You should be able to identify the following within your contracts as well as the required legal language:
- Assignability – Make sure you have the ability to transfer ownership of the contract with no constraints.
- Contract Term – including the renewal language should be very clear and easy to find and read in the document. Keep in mind state requirements that impact the terms, i.e., “Evergreen”, (automatic renewal) is not allowed in every state.
- Date – It is imperative that the date is clearly written on the contract (or the term really doesn’t matter!).
- Make sure the contract has a COMPLETE SITE ADDRESS! And if this changes, you need a new contract with the NEW COMPLETE SITE ADDRESS!
- RMR Amount – This may change over time but there needs to be an amount written on the contract reflecting the cost for services, which everyone agrees to.
- Clear Warranties – If you’re including a warranty, the terms of it need to be clear to the customer and a buyer needs to know what you’ve committed to providing.
- State regulations – Some states specify special regulations and your contracts need to accommodate and include them.

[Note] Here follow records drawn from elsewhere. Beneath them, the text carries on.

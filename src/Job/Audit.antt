-- ===== src/Job/Audit.antt =====
-- `execution_lifecycle_events` of crates/chat/src/job/repository/mod.rs.
use fineract_ai_reports.Prelude.{
  if◌then◌else◌, string_eq, nat_eq, int_eq, ℕ, Bool, not, Option, none, some, List, [], ◌∷◌, ◌++◌,
}
use fineract_ai_reports.Management.{
  allowed, SafeIdentifier, denied, AuditSummary, policy_evaluated, execution, chat_job,
  AuditOutcome, success, blocked, failed, AuditEventType, execution_authorized, execution_blocked,
  execution_completed, execution_result_truncated, execution_timed_out, ManagementAuditEvent,
}

pub record ExecutionAuditContext : Type 0 where
  pub capability_id : SafeIdentifier
  pub query_id : SafeIdentifier
  pub row_count : Option ℕ
  pub allowed : Bool
  pub truncated : Bool
  pub timed_out : Bool

-- The closure `base`, and the other events about a job
abbrev pub job_event :
    ℕ → ℕ → ℕ → ℕ → AuditEventType → AuditOutcome → AuditSummary → ManagementAuditEvent
job_event now session job actor event_type outcome summary = record {
  aggregate_type = chat_job;
  aggregate_id = job;
  job_id = some job;
  session_id = some session;
  actor_user_id = some actor;
  event_type = event_type;
  outcome = outcome;
  summary = summary;
  sanitized_error = none;
  occurred_at = now;
}

-- A `push` under an `if`
abbrev pub push_if :
    Bool → ManagementAuditEvent → List ManagementAuditEvent → List ManagementAuditEvent
push_if b event events = if b then events ++ event ∷ [] else events

unfoldable pub execution_lifecycle_events :
    ℕ → ℕ → ℕ → ℕ → ExecutionAuditContext → List ManagementAuditEvent
execution_lifecycle_events now session job actor context =
    let base = job_event now session job actor in
    let evaluated =
      base policy_evaluated (if context.allowed then success else blocked)
        (policy_evaluated context.capability_id (if context.allowed then allowed else denied)) in
    let counted = execution context.query_id context.row_count in
    let uncounted = execution context.query_id none in
    if context.allowed
    then push_if context.timed_out (base execution_timed_out failed uncounted) (
        push_if context.truncated (base execution_result_truncated success counted) (
          push_if (not context.timed_out) (base execution_completed success counted)
            (evaluated ∷ base execution_authorized success uncounted ∷ [])))
    else evaluated ∷ base execution_blocked blocked uncounted ∷ []
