-- ===== src/Job/Sessions.antt =====
-- crates/chat/src/conversation/repository/session.rs, all but the listing.
use fineract_ai_reports.Prelude.{
  ◌==◌, string_eq, nat_eq, find, int_eq, ℕ, String, Bool, ◌&&◌, Option, none, some, [], ◌∷◌, ◌++◌,
}
use fineract_ai_reports.Json.{end}
use fineract_ai_reports.Management.{
  session_archived, chat_session, success, chat_session_archived, ManagementAuditEvent,
}
use fineract_ai_reports.Workflow.State.{update_where}
use fineract_ai_reports.Job.{ChatSessionRow, ChatDb, is_null, is_visible_to, enqueue}

-- `create`: what `RETURNING` gives, and the database after it. Columns without a value take the
-- table's defaults.
abbrev pub create_session : ℕ → ℕ → ℕ → Option String → ChatDb → ChatSessionRow × ChatDb
create_session now id user title db =
    let row : ChatSessionRow = record {
      id = id;
      user_id = some user;
      api_key_id = none;
      title = title;
      status = "active";
      context_json = end;
      created_at = now;
      updated_at = now;
      expires_at = none;
      archived_at = none;
    } in
    (row, record db { sessions = db.sessions ++ row ∷ [] })

abbrev pub is_open_for : ℕ → ℕ → Bool → ChatSessionRow → Bool
is_open_for session user include_legacy row =
    (row.id == session) && is_visible_to row.user_id user include_legacy && is_null row.archived_at

-- `get_for_user`
abbrev pub get_session_for_user : ℕ → ℕ → Bool → ChatDb → Option ChatSessionRow
get_session_for_user session user include_legacy db =
    find (is_open_for session user include_legacy) db.sessions

abbrev pub rename_row : ℕ → String → ChatSessionRow → ChatSessionRow
rename_row now title row = record row { title = some title; updated_at = now }

-- `rename_for_user`: the renamed row, where there was one
unfoldable pub rename_for_user : ℕ → ℕ → ℕ → Bool → String → ChatDb → Option ChatSessionRow × ChatDb
rename_for_user now session user include_legacy title db =
    let test = is_open_for session user include_legacy in
    (
      elim (find test db.sessions) [ none ↦ none | some row ↦ some (rename_row now title row) ],
      record db { sessions = update_where test (rename_row now title) db.sessions },
    )

abbrev pub archive_row : ℕ → ChatSessionRow → ChatSessionRow
archive_row now row = record row { status = "archived"; archived_at = some now; updated_at = now }

abbrev pub session_archived_event : ℕ → ℕ → ℕ → ManagementAuditEvent
session_archived_event now id user = record {
  aggregate_type = chat_session;
  aggregate_id = id;
  job_id = none;
  session_id = some id;
  actor_user_id = some user;
  event_type = chat_session_archived;
  outcome = success;
  summary = session_archived;
  sanitized_error = none;
  occurred_at = now;
}

-- `archive_for_user`
unfoldable pub archive_for_user : ℕ → ℕ → ℕ → Bool → ChatDb → Option ℕ × ChatDb
archive_for_user now session user include_legacy db =
    let test = is_open_for session user include_legacy in
    let archived = record db { sessions = update_where test (archive_row now) db.sessions } in
    elim (find test db.sessions) [
      | none ↦ (none, archived)
      | some row ↦ (some row.id, enqueue (session_archived_event now row.id user) archived)
    ]
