-- ===== src/Job/Repository.antt =====
-- The statements of crates/chat/src/job/repository/mod.rs that write, and the look-up of a job.
use fineract_ai_reports.Prelude.{
  if◌then◌else◌, ◌==◌, string_eq, nat_eq, find, any, Result, ok, err, int_eq, ℕ, ◌+◌, ◌*◌, String,
  Bool, false, ◌&&◌, Option, none, some, [], ◌∷◌, ◌++◌,
}
use fineract_ai_reports.Json.{Json, text, object, Fields, end, field}
use fineract_ai_reports.Management.{
  job_created, clarification_requested, success, clarification, chat_job_created,
  chat_clarification_requested,
}
use fineract_ai_reports.Workflow.State.{update_where, count_where}
use fineract_ai_reports.Job.{
  ChatSessionRow, ChatJobRow, ChatMessageRow, ChatDb, is_some_of, is_null, is_visible_to, enqueue,
  merge_fields,
}
use fineract_ai_reports.Job.Sessions.{create_session, get_session_for_user}
use fineract_ai_reports.Job.Audit.{job_event}

abbrev pub is_job : ℕ → ChatJobRow → Bool
is_job job row = row.id == job

-- The join with a session that is not archived
abbrev pub in_open_session : ChatDb → ChatJobRow → Bool
in_open_session db row =
    any (λ (s : ChatSessionRow). (s.id == row.session_id) && is_null s.archived_at) db.sessions

-- `get_for_user`
unfoldable pub get_for_user : ℕ → ℕ → Bool → ChatDb → Option ChatJobRow
get_for_user job user include_legacy db =
    find
      (λ (row : ChatJobRow).
        is_job job row && is_visible_to row.user_id user include_legacy && in_open_session db row)
      db.jobs

abbrev pub update_jobs : (ChatJobRow → Bool) → (ChatJobRow → ChatJobRow) → ChatDb → ChatDb
update_jobs test change db = record db { jobs = update_where test change db.jobs }

abbrev pub insert_message : ChatMessageRow → ChatDb → ChatDb
insert_message row db = record db { messages = db.messages ++ row ∷ [] }

-- What `create` is given, and the ids and the time that it takes
pub record CreateInput : Type 0 where
  pub now : ℕ
  pub new_session_id : ℕ
  pub job_id : ℕ
  pub user_message_id : ℕ
  pub user_id : ℕ
  pub session_id : Option ℕ
  pub message : String
  pub client_context_json : Json
  pub classification_json : Json
  pub execution_plan_json : Json
  pub policy_decision_json : Json

pub record CreatedChatJob : Type 0 where
  pub session_id : ℕ
  pub job_id : ℕ
  pub user_message_id : ℕ
  pub status : String
  pub current_step : String

abbrev pub week : ℕ
week = 7 * 24 * 60 * 60

abbrev pub queued_job : CreateInput → ℕ → ChatJobRow
queued_job c session = record {
  id = c.job_id;
  session_id = session;
  user_id = some c.user_id;
  api_key_id = none;
  user_message_id = none;
  status = "queued";
  current_step = "queued";
  resume_from_step = none;
  message = c.message;
  state_json = field "client" c.client_context_json (
      field "input" (object (field "message" (text c.message) end)) (
        field "classification" c.classification_json (
          field "execution_plan" c.execution_plan_json
            (field "policy_decision" c.policy_decision_json end))));
  state_revision = 0;
  result_json = none;
  error_json = none;
  created_at = c.now;
  updated_at = c.now;
  expires_at = c.now + week;
  completed_at = none;
  failed_at = none;
  cancelled_at = none;
}

abbrev pub user_message : CreateInput → ℕ → ChatMessageRow
user_message c session = record {
  id = c.user_message_id;
  session_id = session;
  job_id = some c.job_id;
  role = "user";
  content = c.message;
  metadata_json = object end;
  created_at = c.now;
}

abbrev pub link_message : ℕ → ChatJobRow → ChatJobRow
link_message message row = record row { user_message_id = some message }

-- The transaction of `create`, in the session that it has found or made
abbrev pub create_in : CreateInput → ℕ → ChatDb → CreatedChatJob × ChatDb
create_in c session db = (
  record {
    session_id = session;
    job_id = c.job_id;
    user_message_id = c.user_message_id;
    status = "queued";
    current_step = "queued";
  },
  enqueue (job_event c.now session c.job_id c.user_id chat_job_created success job_created) (
      update_jobs (is_job c.job_id) (link_message c.user_message_id) (
        insert_message (user_message c session)
          (record db { jobs = db.jobs ++ queued_job c session ∷ [] }))),
)

-- The session of a new job: one of the user's, or a new one; nothing where it is not the user's
abbrev pub session_for : CreateInput → Option ℕ → ChatDb → Option ℕ × ChatDb
session_for c none db =
    let (row, db') = create_session c.now c.new_session_id c.user_id none db in (some row.id, db')
session_for c (some session) db = elim (get_session_for_user session c.user_id false db) [
  | none ↦ (none, db)
  | some row ↦ (some session, db)
]

abbrev pub create_for : CreateInput → Option ℕ × ChatDb → Option CreatedChatJob × ChatDb
create_for c (none, db) = (none, db)
create_for c (some session, db) = let (made, db') = create_in c session db in (some made, db')

-- `create`
unfoldable pub create : CreateInput → ChatDb → Option CreatedChatJob × ChatDb
create c db = create_for c (session_for c c.session_id db)

abbrev pub wait_job : ℕ → ChatJobRow → ChatJobRow
wait_job now row = record row {
  status = "waiting_for_user_input";
  current_step = "waiting_for_user_input";
  updated_at = now;
}

-- `wait_for_user_input_and_record_clarification_requested`
unfoldable pub wait_for_user_input : ℕ → ℕ → ℕ → ℕ → ChatDb → ChatDb
wait_for_user_input now session job actor db =
    enqueue
      (job_event now session job actor chat_clarification_requested clarification
        clarification_requested)
      (update_jobs (is_job job) (wait_job now) db)

abbrev pub is_at_revision : ℕ → ℕ → ℕ → ChatJobRow → Bool
is_at_revision job user revision row =
    is_job job row && is_some_of row.user_id user && (row.state_revision == revision)

abbrev pub plan_job : ℕ → Fields → ChatJobRow → ChatJobRow
plan_job now state row = record row {
  state_json = merge_fields row.state_json state;
  state_revision = row.state_revision + 1;
  updated_at = now;
}

-- The error of `update_plan_state`
pub data UpdateError : Type 0 where
  updated_by_another_request : UpdateError

abbrev pub plan_fields : Json → Json → Json → Fields
plan_fields classification plan decision =
    field "classification" classification
      (field "execution_plan" plan (field "policy_decision" decision end))

-- `update_plan_state`, on the object of the three values
unfoldable pub update_plan_state :
    ℕ → ℕ → ℕ → ℕ → Fields → ChatDb → Result (Unit {0}) UpdateError × ChatDb
update_plan_state now job user expected state db =
    let test = is_at_revision job user expected in
    (
      if count_where test db.jobs == 0 then err updated_by_another_request else ok tt,
      update_jobs test (plan_job now state) db,
    )

abbrev pub trace_job : ℕ → Json → ChatJobRow → ChatJobRow
trace_job now trace row = record row {
  state_json = merge_fields row.state_json (field "retrieval_trace" trace end);
  updated_at = now;
}

-- `merge_retrieval_trace`
unfoldable pub merge_retrieval_trace : ℕ → ℕ → ℕ → Json → ChatDb → ChatDb
merge_retrieval_trace now job user trace db =
    update_jobs (λ row. is_job job row && is_some_of row.user_id user) (trace_job now trace) db
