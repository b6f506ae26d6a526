-- ===== src/Job/Respond.antt =====
-- `respond`, `insert_checkpoint` and `insert_event` of crates/chat/src/job/repository/mod.rs.
use fineract_ai_reports.Prelude.{
  if◌then◌else◌, ◌==◌, string_eq, nat_eq, find, int_eq, ℕ, String, Bool, false, ◌&&◌, not, Option,
  none, some, [], ◌∷◌, ◌++◌,
}
use fineract_ai_reports.Json.{Json, null, text, object, Fields, end, field, and_then}
use fineract_ai_reports.Management.{
  clarification_received, clarification, chat_clarification_received,
}
use fineract_ai_reports.Workflow.State.{id_json}
use fineract_ai_reports.Job.{ChatJobRow, ChatMessageRow, JobMemoryRow, ChatDb, is_some_of, enqueue}
use fineract_ai_reports.Job.Audit.{job_event}
use fineract_ai_reports.Job.Repository.{is_job, in_open_session, update_jobs, insert_message}

abbrev pub insert_job_checkpoint : ℕ → String → String → Json → ChatDb → ChatDb
insert_job_checkpoint job step kind payload db = record db {
  checkpoints =
      db.checkpoints
      ++ record { job_id = job; step = some step; kind = kind; payload = payload } ∷ [];
}

abbrev pub insert_job_event : ℕ → String → Option String → Json → ChatDb → ChatDb
insert_job_event job kind step payload db = record db {
  events = db.events ++ record { job_id = job; step = step; kind = kind; payload = payload } ∷ [];
}

-- What `respond` reads of a stored `ClarificationPayload`
pub record PendingClarification : Type 0 where
  pub id : ℕ
  pub revision : ℕ

pub record ValidatedClarificationSubmission : Type 0 where
  pub clarification_id : Option ℕ
  pub clarification_revision : Option ℕ
  pub selected_option_id : Option String
  pub source_message : String
  pub display_message : String
  pub answers : Fields
  pub constraint_patch : Json

pub data PersistResponseOutcome : Type 0 where
  inserted : ChatMessageRow → PersistResponseOutcome
  not_found not_active stale : PersistResponseOutcome

abbrev pub json_of {ℓ} : {A : Type ℓ} → (A → Json) → Option A → Json
json_of f none = null
json_of f (some a) = f a

abbrev pub response_metadata : ValidatedClarificationSubmission → Json
response_metadata s = object (
    field "type" (text "clarification_response") (
      field "clarification_id" (json_of id_json s.clarification_id) (
        field "clarification_revision" (json_of id_json s.clarification_revision) (
          field "selected_option_id" (json_of text s.selected_option_id) (
            field "answers" (object s.answers) (
              field "constraint_patch" s.constraint_patch
                (field "source_message" (text s.source_message) end)))))))

abbrev pub response_message :
    ℕ → ℕ → ℕ → ValidatedClarificationSubmission → ChatJobRow → ChatMessageRow
response_message now id job s target = record {
  id = id;
  session_id = target.session_id;
  job_id = some job;
  role = "clarification";
  content = s.display_message;
  metadata_json = response_metadata s;
  created_at = now;
}

abbrev pub requeue_job : ℕ → String → ChatJobRow → ChatJobRow
requeue_job now step row = record row {
  status = "queued";
  current_step = "queued";
  resume_from_step = some step;
  updated_at = now;
}

-- The row that is locked for the response
abbrev pub response_target : ℕ → ℕ → ChatDb → Option ChatJobRow
response_target job user db =
    find
      (λ (row : ChatJobRow).
        is_job job row && is_some_of row.user_id user && in_open_session db row)
      db.jobs

module _ (read_payload : Json → Option PendingClarification) where
  abbrev pub pending_matches : Option Json → ℕ → ℕ → Bool
  pending_matches pending id revision = elim (and_then pending read_payload) [
    | none ↦ false
    | some payload ↦ (payload.id == id) && (payload.revision == revision)
  ]

  abbrev pub pending_json : ChatDb → ℕ → Option Json
  pending_json db job =
      and_then (find (λ (row : JobMemoryRow). row.job_id == job) db.memory)
        (λ row. row.pending_clarification_json)

  -- Whether the submission names a clarification that is not the pending one; one that names none,
  -- or only one of id and revision, is not compared.
  abbrev pub is_stale : ChatDb → ℕ → Option ℕ → Option ℕ → Bool
  is_stale db job (some id) (some revision) =
      not (pending_matches (pending_json db job) id revision)
  is_stale db job _ _ = false

  -- The writes of `respond`
  abbrev pub write_response :
      ℕ → ℕ → ℕ → ℕ → ValidatedClarificationSubmission → ChatJobRow → ChatDb → ChatDb
  write_response now message job user s target db =
      enqueue
        (job_event now target.session_id job user chat_clarification_received clarification
          clarification_received)
        (insert_job_event job "status" (some "queued")
          (object (
            field "status" (text "queued") (
              field "current_step" (text "queued") (
                field "message_id" (id_json message)
                  (field "selected_option_id" (json_of text s.selected_option_id) end)))))
          (insert_job_checkpoint job target.current_step "user_response_received"
            (object (
              field "message_id" (id_json message) (
                field "resume_from_step" (text target.current_step)
                  (field "selected_option_id" (json_of text s.selected_option_id) end))))
            (update_jobs (is_job job) (requeue_job now target.current_step)
              (insert_message (response_message now message job s target) db))))

  abbrev pub respond_to :
      ℕ
      → ℕ
      → ℕ
      → ℕ
      → ValidatedClarificationSubmission
      → ChatDb
      → Option ChatJobRow
      → PersistResponseOutcome × ChatDb
  respond_to now message job user s db none = (not_found, db)
  respond_to now message job user s db (some target) =
      if not (target.status == "waiting_for_user_input")
      then (not_active, db)
      else if is_stale db job s.clarification_id s.clarification_revision
      then (stale, db)
      else (
        inserted (response_message now message job s target),
        write_response now message job user s target db,
      )

  -- `respond`
  unfoldable pub respond :
      ℕ → ℕ → ℕ → ℕ → ValidatedClarificationSubmission → ChatDb → PersistResponseOutcome × ChatDb
  respond now message job user s db =
      respond_to now message job user s db (response_target job user db)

- Signatures – Your customer must sign the contract for it to be valid and an authorized employee of your company needs to sign as well if there is a place for it on your contract.
- If a subscriber’s name changes (marriage), you need to have an addendum to your contract identifying that name change.
- In the event of a divorce, plan to get a new contract signed with the person inhabiting the home.
- Consider what you allow to be crossed out or changed on your contract…some changes or deletions may deem a contract invalid!
If your contracts are missing, inconsistent, incomplete or are missing required language, you may need to have your customer sign a new contract to bring them up to date. Again, you should have an industry attorney periodically review any contracts that you have used to ensure they are acceptable!
Thinking of moving to electronic documents and signatures? As this practice has become more widely accepted in the industry, it’s a good time to do so. Many businesses have found the ability to easily search digital contracts makes customer support and added sales much simpler. And today, most buyers will accept electronic contracts and signatures from approved electronic document providers.
A scan of your signed agreements is also a great practice. This is not the same as an electronic file however. Be sure to scan the front and back of each contract and save each of them in a properly named file for easy searching. If you scan your documents to save filing space, you may want to keep your originals in a safe place, preferably offsite. You may need them again when it’s time to sell.
Getting customer documents in order takes time, so this is not something you want to put off. You don’t want to wait until you’re in the due diligence phase with a buyer before you can confirm your contracts are properly written and saleable. A buyer will scrutinize every detail of your monitoring contracts to make sure they are buying something that will hold its value and provide the proper protection.